ECLI:NL:HR:2016:2108

Hoge Raad

Datum uitspraak
16 september 2016
Publicatiedatum
15 september 2016
Zaaknummer
16/01110
Instantie
Hoge Raad
Type
Uitspraak
Procedures
  • Cassatie
Rechters
Vindplaatsen
  • Rechtspraak.nl
AI samenvatting door LexboostAutomatisch gegenereerd

Cassatieberoep tegen uitspraak Gerechtshof Arnhem-Leeuwarden inzake onroerendezaakbelastingen

In deze zaak heeft de Hoge Raad op 16 september 2016 uitspraak gedaan in het cassatieberoep van belanghebbende tegen de uitspraak van het Gerechtshof Arnhem-Leeuwarden van 19 januari 2016. Het hoger beroep van belanghebbende was gericht tegen de uitspraak van de Rechtbank Gelderland, die betrekking had op de beschikking op grond van de Wet waardering onroerende zaken en de aanslag in de onroerendezaakbelastingen voor het jaar 2014, specifiek voor de onroerende zaak gelegen aan [a-straat 1] te [Z].

Belanghebbende heeft een klacht ingediend tegen de uitspraak van het Gerechtshof, waarop het college van burgemeester en wethouders van de gemeente Nijmegen een verweerschrift heeft ingediend. De Hoge Raad heeft de klacht beoordeeld en geconcludeerd dat deze niet tot cassatie kan leiden. Dit werd onderbouwd met verwijzing naar artikel 81, lid 1, van de Wet op de rechterlijke organisatie, waarbij werd gesteld dat de klacht geen nadere motivering behoeft, omdat deze niet leidt tot beantwoording van rechtsvragen die van belang zijn voor de rechtseenheid of de rechtsontwikkeling.

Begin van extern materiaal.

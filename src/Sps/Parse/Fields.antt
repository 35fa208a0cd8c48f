-- ===== src/Sps/Parse/Fields.antt =====
-- The parser's fields over the bits that the synthesis writes.
use yi_outdoor_1080p_ptz.Prelude.{
  ℕ, ◌+◌, ◌≡◌, ap, ◌∙◌, List, ◌++◌, append_assoc, arith, length, false,
}
use mathlib.Core.Path.{subst}
use yi_outdoor_1080p_ptz.Memory.{Buf}
use yi_outdoor_1080p_ptz.Sps.Info.{SpsInfo}
use yi_outdoor_1080p_ptz.Sps.Reader.{read_bit, read_ue}
use yi_outdoor_1080p_ptz.Sps.Reader.Reads.{Ahead, Reads-ue}
use yi_outdoor_1080p_ptz.Sps.Codes.{bits_of, ue_code}
use yi_outdoor_1080p_ptz.Sps.Build.Layout.{IsPlain, number_bits, frame_bits}
use yi_outdoor_1080p_ptz.Sps.Parse.{has_chroma, read_poc, read_frame, bad_dims, read_fields}
use yi_outdoor_1080p_ptz.Sps.Parse.Frame.{advance, Reads-flag, so_far, read_frame_lem}

-- Brackets of eight strings and a rest, moved to the right.
eight_assoc :
    (a b c d e f g h r : List ℕ)
    → (a ++ (b ++ (c ++ (d ++ (e ++ (f ++ (g ++ h))))))) ++ r
      ≡ a ++ (b ++ (c ++ (d ++ (e ++ (f ++ (g ++ (h ++ r)))))))
eight_assoc a b c d e f g h r = simp append_assoc

module _ (s : Buf) (slen : ℕ) where
  module _ (si : SpsInfo) (wv hv : ℕ) (p : IsPlain si wv hv) where
    read_poc_lem :
        (pos : ℕ) (rest : List ℕ)
        → Ahead s slen pos (ue_code si.poc_lsb ++ rest)
        → (read_poc s slen 0 pos ≡ ((0, si.poc_lsb), pos + length (ue_code si.poc_lsb)))
          × Ahead s slen (pos + length (ue_code si.poc_lsb)) rest
    unfolding read_poc
    read_poc_lem pos rest a =
        let (e, a') =
          advance s slen (read_ue s slen) (ue_code si.poc_lsb) rest si.poc_lsb pos
            (Reads-ue s slen si.poc_lsb (omega (arith, p.poc_lsb_fits))) a in
        (rw e, a')

    -- The parser's fields, one after the other.
    read_fields_run :
        (pos p1 p2 p3 p4 p5 p6 p7 p8 q : ℕ)
        → s 1 ≡ si.profile
        → s 2 ≡ si.constraint
        → s 3 ≡ si.level
        → has_chroma si.profile ≡ false
        → read_ue s slen pos ≡ (si.sps_id, p1)
        → read_ue s slen p1 ≡ (si.log2frm, p2)
        → read_ue s slen p2 ≡ (0, p3)
        → read_poc s slen 0 p3 ≡ ((0, si.poc_lsb), p4)
        → read_ue s slen p4 ≡ (si.max_ref, p5)
        → read_bit s slen p5 ≡ (0, p6)
        → read_ue s slen p6 ≡ (wv, p7)
        → read_ue s slen p7 ≡ (hv, p8)
        → read_frame s slen (so_far s slen si wv hv p) wv hv p8 ≡ (si, q)
        → read_fields s slen pos ≡ (si, q)
    unfolding read_fields
    read_fields_run pos p1 p2 p3 p4 p5 p6 p7 p8 q b1 b2 b3 plain e1 e2 e3 e4 e5 e6 e7 e8 done =
        rw (b1, b2, b3, plain, e1, e2, e3, e4, e5, e6, e7, e8, good) done
      where
        good : bad_dims s slen wv hv ≡ false
        good = ground (arith, p.w_fits, p.h_fits)

    -- The parser's fields, over the bits of a parameter set without the chroma fields.
    pub read_fields_lem :
        (pos : ℕ)
        → s 1 ≡ si.profile
        → s 2 ≡ si.constraint
        → s 3 ≡ si.level
        → has_chroma si.profile ≡ false
        → Ahead s slen pos (number_bits si wv hv ++ frame_bits si)
        → (q : ℕ) × (read_fields s slen pos ≡ (si, q))
    read_fields_lem pos b1 b2 b3 plain ahead =
        let p1 : ℕ = pos + length (ue_code si.sps_id) in
        let p2 : ℕ = p1 + length (ue_code si.log2frm) in
        let p3 : ℕ = p2 + length (ue_code si.poc_type) in
        let p4 : ℕ = p3 + length (ue_code si.poc_lsb) in
        let p5 : ℕ = p4 + length (ue_code si.max_ref) in
        let p6 : ℕ = p5 + 1 in
        let p7 : ℕ = p6 + length (ue_code wv) in
        let p8 : ℕ = p7 + length (ue_code hv) in
        let r7 : List ℕ = ue_code hv ++ frame_bits si in
        let r6 : List ℕ = ue_code wv ++ r7 in
        let r5 : List ℕ = bits_of 1 0 ++ r6 in
        let r4 : List ℕ = ue_code si.max_ref ++ r5 in
        let r3 : List ℕ = ue_code si.poc_lsb ++ r4 in
        let r2 : List ℕ = ue_code si.poc_type ++ r3 in
        let r1 : List ℕ = ue_code si.log2frm ++ r2 in
        let (e1, a1) =
          advance s slen (read_ue s slen) (ue_code si.sps_id) r1 si.sps_id pos
            (Reads-ue s slen si.sps_id (omega (arith, p.sps_id_fits)))
            (subst (Ahead s slen pos) regroup ahead) in
        let (e2, a2) =
          advance s slen (read_ue s slen) (ue_code si.log2frm) r2 si.log2frm p1
            (Reads-ue s slen si.log2frm (omega (arith, p.log2frm_fits))) a1 in
        let (e3, a3) =
          advance s slen (read_ue s slen) (ue_code si.poc_type) r3 si.poc_type p2
            (Reads-ue s slen si.poc_type (omega (arith, p.poc_zero))) a2 in
        let e3' : read_ue s slen p2 ≡ (0, p3) = e3 ∙ ap (λ t. (t, p3)) p.poc_zero in
        let (e4, a4) = read_poc_lem p3 r4 a3 in
        let (e5, a5) =
          advance s slen (read_ue s slen) (ue_code si.max_ref) r5 si.max_ref p4
            (Reads-ue s slen si.max_ref (omega (arith, p.max_ref_fits))) a4 in
        let (e6, a6) =
          advance s slen (read_bit s slen) (bits_of 1 0) r6 0 p5 (Reads-flag s slen 0 (omega arith))
            a5 in
        let (e7, a7) =
          advance s slen (read_ue s slen) (ue_code wv) r7 wv p6
            (Reads-ue s slen wv (omega (arith, p.w_fits))) a6 in
        let (e8, a8) =
          advance s slen (read_ue s slen) (ue_code hv) (frame_bits si) hv p7
            (Reads-ue s slen hv (omega (arith, p.h_fits))) a7 in
        let (q, done) = read_frame_lem s slen si wv hv p p8 a8 in
        (
          q,
          read_fields_run pos p1 p2 p3 p4 p5 p6 p7 p8 q b1 b2 b3 plain e1 e2 e3' e4 e5 e6 e7 e8
              done,
        )
      where
        regroup :
            number_bits si wv hv ++ frame_bits si
            ≡ ue_code si.sps_id
              ++ (ue_code si.log2frm
                  ++ (ue_code si.poc_type
                      ++ (ue_code si.poc_lsb
                          ++ (ue_code si.max_ref
                              ++ (bits_of 1 0 ++ (ue_code wv ++ (ue_code hv ++ frame_bits si)))))))
        regroup =
            eight_assoc (ue_code si.sps_id) (ue_code si.log2frm) (ue_code si.poc_type)
              (ue_code si.poc_lsb) (ue_code si.max_ref) (bits_of 1 0) (ue_code wv) (ue_code hv)
              (frame_bits si)
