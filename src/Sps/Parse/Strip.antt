-- ===== src/Sps/Parse/Strip.antt =====
-- The strip of emulation bytes of `parse_sps_full` in src/fshare2fifo/fshare2fifo.c.
use yi_outdoor_1080p_ptz.Prelude.{
  ℕ, zero, suc, ◌+◌, ◌-◌, ◌≤◌, ◌<◌, ◌≡◌, refl, arith, true, false, ◌&&◌, ltb, ◌==◌,
}
use yi_outdoor_1080p_ptz.Memory.{Buf, poke}
use yi_outdoor_1080p_ptz.Sps.Info.{nal_buf_max}
use yi_outdoor_1080p_ptz.Sps.Parse.{Stripped, is_emulation, strip_step, strip, unstripped}

-- No 3 stands behind two zero bytes.
abbrev pub NoEmulation : Buf → ℕ → Type 0
NoEmulation d len = (i : ℕ) → i + 2 < len → (d i == 0 && d (i + 1) == 0 && d (i + 2) == 3) ≡ false

-- The first `i` bytes have been copied.
record Copied (d : Buf) (i : ℕ) (t : Stripped) : Type 0 where
  slen_is : t.slen ≡ i
  same : (j : ℕ) → j < i → t.bytes j ≡ d j

strip_step-Copied :
    (d : Buf) (len i : ℕ) (t : Stripped)
    → NoEmulation d len
    → i < len
    → Copied d i t
    → Copied d (i + 1) (strip_step d i t)
unfolding strip_step poke
strip_step-Copied d len i t n h c = rw kept (record {
  slen_is = omega (arith, c.slen_is);
  same = λ j lt. ground (arith, c.slen_is, c.same j);
})
  where
    kept : is_emulation d i t ≡ false
    kept = ground (arith, c.slen_is, c.same (i - 1), c.same (i - 2), n (i - 2))

strip-Copied :
    (left : ℕ) (d : Buf) (len i : ℕ) (t : Stripped)
    → NoEmulation d len
    → len ≤ nal_buf_max
    → i + left ≡ len
    → Copied d i t
    → Copied d len (strip left d i t)
unfolding strip
strip-Copied zero d len i t n hl e c = let same : i ≡ len = omega arith in rw (← same) c
strip-Copied (suc left) d len i t n hl e c = rw (open_is) (
    strip-Copied left d len (i + 1) (strip_step d i t) n hl (omega arith)
      (strip_step-Copied d len i t n (omega arith) c))
  where
    open_is : ltb t.slen nal_buf_max ≡ true
    open_is = ground (arith, c.slen_is)

-- A buffer of at most 256 bytes without the pattern is copied whole.
pub strip_whole :
    (d : Buf) (len : ℕ)
    → NoEmulation d len
    → len ≤ nal_buf_max
    → ((strip len d 0 unstripped).slen ≡ len)
      × ((j : ℕ) → j < len → (strip len d 0 unstripped).bytes j ≡ d j)
strip_whole d len n h =
    let c =
      strip-Copied len d len 0 unstripped n h (omega arith)
        (record { slen_is = refl; same = λ j lt. absurd (omega arith) }) in
    (c.slen_is, c.same)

Daarnaast heeft de Hoge Raad geen termen aanwezig geacht voor een veroordeling in de proceskosten. Uiteindelijk heeft de Hoge Raad het beroep in cassatie ongegrond verklaard, waarmee de uitspraak van het Gerechtshof in stand blijft. Deze beslissing is openbaar uitgesproken door de raadsheren in aanwezigheid van de waarnemend griffier.

Uitspraak

16 september 2016
Nr. 16/01110
Arrest
gewezen op het beroep in cassatie van
[X]te
[Z](hierna: belanghebbende) tegen de uitspraak van het
Gerechtshof Arnhem-Leeuwardenvan 19 januari 2016, nr. 15/00106, op het hoger beroep van belanghebbende tegen de uitspraak van de Rechtbank Gelderland (nr. AWB 14/4926) betreffende de beschikking op grond van de Wet waardering onroerende zaken en de aanslag in de onroerendezaakbelastingen voor het jaar 2014 betreffende de onroerende zaak [a-straat 1] te [Z].

1.Geding in cassatie

Belanghebbende heeft tegen ’s Hofs uitspraak beroep in cassatie ingesteld en daarbij een klacht aangevoerd.
Het college van burgemeester en wethouders van de gemeente Nijmegen heeft een verweerschrift ingediend.

2.Beoordeling van de klacht

De klacht kan niet tot cassatie leiden. Dit behoeft, gezien artikel 81, lid 1, van de Wet op de rechterlijke organisatie, geen nadere motivering, nu de klacht niet noopt tot beantwoording van rechtsvragen in het belang van de rechtseenheid of de rechtsontwikkeling.

3.Proceskosten

De Hoge Raad acht geen termen aanwezig voor een veroordeling in de proceskosten.

4.Beslissing

De Hoge Raad verklaart het beroep in cassatie ongegrond.
Dit arrest is gewezen door de raadsheer C. Schaap als voorzitter, en de raadsheren Th. Groeneveld en M.E. van Hilten, in tegenwoordigheid van de waarnemend griffier F. Treuren, en in het openbaar uitgesproken op 16 september 2016.